Monday, 21 November 2016

Agenesis of the Corpus Callosum


Today’s post is about another supposedly rare cause of autism called Agenesis of the Corpus Callosum (ACC).

As regular readers of this blog will have noted, extremely rare causes of autism, taken as a group are not so rare after all.  In fact it seems that autism is just a very large collection of somewhat rare biological conditions. 
Of the very few "Autism Dads" I have had a face to face conversation with, one has a child with ACC and another has a son with the even rarer Sotos syndrome. Sotos syndrome is characterized by gigantism, mild ID/MR and often autism. Mutations in the NSD1 gene cause Sotos syndrome

ACC is physical malformation of the brain that shows up clearly on MRI scans and potentially shows up on the mother’s regular ultrasound scans. 

The corpus callosum is a wide, flat bundle of fibers about 10 cm long that connects the left and right sides of the brain.  It facilitates communication between the two sides of the brain.
Agenesis of the corpus callosum (ACC) is a birth defect in which there is a complete or partial absence of the corpus callosum.

ACC leads to behaviors compatible with a diagnosis of autism or Asperger’s in about half of cases.

Symptoms of ACC  vary greatly among individuals, as they do in all types of autism.  Seizures are common, some people have poor motor coordination, and some people are non-verbal.

It is suggested by many that a diagnosis of ACC is not compatible with a diagnosis of autism; this just shows a lack of understanding.
Autism is just a description of behaviors, ACC is a biological diagnosis, like Fragile X syndrome or Down Syndrome.  So if a person has autistic behaviors caused by ACC, it is still autism, it is just autism with an explanation of its origin.
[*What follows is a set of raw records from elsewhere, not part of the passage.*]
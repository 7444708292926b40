-- ===== src/Text/Buffer.antt =====
-- str_tolower and str_delchar: what they compute, and exactly when the buffer is large enough.
use sweet_clib.Prelude.{
  ℕ, zero, suc, ◌≡◌, Option, none, some, [], ◌∷◌, map, arith, if◌then◌else◌, leb, length, ◌==◌,
}
use sweet_clib.Text.{
  Bytes, res_room, char_at, tolower, tolower_loop, str_tolower, delchar_loop, str_delchar,
}

-- The string, if it fits.
abbrev pub fitting : ℕ → Bytes → Option Bytes
fitting room s = if leb (length s) room then some s else none

-- `s` without the character `d`.
pub without : ℕ → Bytes → Bytes
without d [] = []
without d (c ∷ s) = if c == d then without d s else c ∷ without d s

tolower_loop-fitting : (s : Bytes) (room : ℕ) → tolower_loop s room ≡ fitting room (map tolower s)
unfolding tolower_loop
tolower_loop-fitting [] room = ground arith
tolower_loop-fitting (c ∷ s) zero = ground arith
tolower_loop-fitting (c ∷ s) (suc room) = ground (arith, tolower_loop-fitting s room)

delchar_loop-fitting :
    (d : ℕ) (s : Bytes) (room : ℕ) → delchar_loop d s room ≡ fitting room (without d s)
unfolding delchar_loop without
delchar_loop-fitting d [] room = ground arith
delchar_loop-fitting d (c ∷ s) zero = ground (arith, delchar_loop-fitting d s zero)
delchar_loop-fitting d (c ∷ s) (suc room) =
    ground (arith, delchar_loop-fitting d s room, delchar_loop-fitting d s (suc room))

-- str_tolower lowers each character, and str_delchar drops every character equal to the first one of
-- `s2`; the result and its final 0 fit the static buffer unless it has more than 1023 characters.
pub str_functions-fitting :
    (s1 s2 : Bytes)
    → (str_tolower s1 ≡ fitting res_room (map tolower s1))
      × (str_delchar s1 s2 ≡ fitting res_room (without (char_at s2) s1))
unfolding str_tolower str_delchar
str_functions-fitting s1 s2 =
    (tolower_loop-fitting s1 res_room, delchar_loop-fitting (char_at s2) s1 res_room)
The most famous person with ACC was Kim Peek who was the inspiration for the character played by Dustin Hoffman in the well-known film Rain Man.

In addition to having the physical ACC malformation it has been suggested that the cause of ACC in his case was likely FG Syndrome.

Most mutations that cause FG syndrome can be found in the MED12 gene. However, mutations have also been found in FMR1, FLNA, UPF3B, CASK, MECP2, and ATRX genes. Mutations on these different genes lead to the different types of FG syndrome, all with similar characteristics.  Congenital heart defects are common and Peek died of a heart attack aged 58, outlived by his father.  


Agenesis of the Corpus Callosum and broader Autism

Undoubtedly there are people diagnosed with autism, who have undiagnosed ACC, since they never had an MRI scan.  Just like there are many people with autism who have an undiagnosed, but treatable, Chiari “brain hernia”.

It also appears that having a smaller corpus callosum, but falling short of what would be diagnosed as ACC by the MRI scan, is a feature of some people’s autism. You could consider it as partial ACC, like we had partial biotin/biotinidase deficiency.

A very recent paper from the 2016 Society for Neuroscience annual meeting suggested one reason why autism is more prevalent in males.  The study looked at infecting pregnant rats with group B streptococcus to activate the mothers immune system.  Inflammation was then triggered in the fetal side of the placenta, but only in male fetuses.
The males go on to develop brain and behavioral features reminiscent of autism.
Female fetuses were somehow protected and developed normally.  Hopefully Barons Cohen will read this and stop looking for undiagnosed females with autism. There are many good reasons why autism is less prevalent in females, and they are not just “better at hiding it”, as the so-called expert claims. 



What is interesting is that in the male pups with “autism” they had an unusually thin corpus callosum. It turns out that such minor malformations occur in broader human autism. 



The largest of the white matter tracts is known as the corpus callosum, which allows communication between the two hemispheres (halves) of the brain.
"The size of the corpus callosum was smaller in the group with autism, suggesting that inter-regional brain cabling is disrupted in autism," Dr. Just said.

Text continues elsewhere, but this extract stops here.